Scraping Concerts - Lab
Introduction
Now that you've seen how to scrape a simple website, it's time to again practice those skills on a full-fledged site! In this lab, you'll practice your scraping skills on a music website: https://www.residentadvisor.net.
Objectives
You will be able to:
- Create a full scraping pipeline that involves traversing over many pages of a website, dealing with errors and storing data
View the Website
For this lab, you'll be scraping the https://www.residentadvisor.net website. Start by navigating to the events page here in your browser.
# Load the https://www.residentadvisor.net/events page in your browser.
Open the Inspect Element Feature
Next, open the inspect element feature from your web browser in order to preview the underlying HTML associated with the page.
# Open the inspect element feature in your browser
Write a Function to Scrape all of the Events on the Given Page Events Page
The function should return a Pandas DataFrame with columns for the Event_Name, Venue, Event_Date and Number_of_Attendees.

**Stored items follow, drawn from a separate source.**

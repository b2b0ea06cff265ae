-- ===== src/Exporters.antt =====
-- pkg/resources/otel_conf_gen/pipeline/components/exporter: the exporters of a collector. Marshalling
-- the settings does not fail: none holds a value that JSON lacks.
pub mod Queue
pub mod Wrappers
pub mod Entries
pub mod Stored
use telemetry_controller.Prelude.{
  String, Bool, Option, none, some, List, [], ◌∷◌, insert, string_eq,
}
use telemetry_controller.Api.{Output}
use telemetry_controller.Components.{OutputWithSecretData, ResourceRelations}
use telemetry_controller.Values.{Value, text, config}
use Entries.{
  Entry, otlp_grpc_entry, otlp_http_entry, fluentforward_entry, file_entry, elasticsearch_entry,
  aws_s3_entry,
}

abbrev pub Exporters : Type 0
Exporters = List (String × Value)

-- result[name] = values, for an output that has this kind of exporter.
store : Option Entry → Exporters → Exporters
store none m = m
store (some (name, v)) m = insert name v m

-- The loop over the outputs that each kind of exporter has.
unfoldable pub generate :
    (Output → Option Entry) → List OutputWithSecretData → Exporters → Exporters
unfolding store
generate entry [] m = m
generate entry (o ∷ os) m = generate entry os (store (entry o.output) m)

unfoldable pub generate_debug_exporters : Exporters
generate_debug_exporters = ("debug", config (("verbosity", text "detailed") ∷ [])) ∷ []

-- The fields of PrometheusExporterConfig but the endpoint are empty and have omitempty.
unfoldable pub generate_metrics_exporters : Exporters
generate_metrics_exporters =
    ("prometheus/message_metrics_exporter", config (("endpoint", text ":9999") ∷ [])) ∷ []

module _ (r : ResourceRelations) where
  unfoldable pub generate_otlp_grpc_exporters : Exporters
  generate_otlp_grpc_exporters = generate (otlp_grpc_entry r) r.outputs_with_secret_data []

  unfoldable pub generate_otlp_http_exporters : (String → String) → Exporters
  generate_otlp_http_exporters opaque =
      generate (otlp_http_entry opaque r) r.outputs_with_secret_data []

  unfoldable pub generate_fluentforward_exporters : Bool → Exporters
  generate_fluentforward_exporters is_axoflow_distribution =
      generate (fluentforward_entry is_axoflow_distribution r) r.outputs_with_secret_data []

  unfoldable pub generate_file_exporter : Exporters
  generate_file_exporter = generate file_entry r.outputs_with_secret_data []

  unfoldable pub generate_elasticsearch_exporters : Exporters
  generate_elasticsearch_exporters = generate (elasticsearch_entry r) r.outputs_with_secret_data []

  unfoldable pub generate_aws_s3_exporters : Exporters
  generate_aws_s3_exporters = generate (aws_s3_entry r) r.outputs_with_secret_data []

def scrape_events(events_page_url):
#Your code here
df.columns = ["Event_Name", "Venue", "Event_Date", "Number_of_Attendees"]
return df
Write a Function to Retrieve the URL for the Next Page
def next_page(url):
#Your code here
return next_page_url
Scrape the Next 1000 Events for Your Area
Display the data sorted by the number of attendees. If there is a tie for the number attending, sort by event date.
#Your code here
Summary
Congratulations! In this lab, you successfully developed a pipeline to scrape a website for concert event information!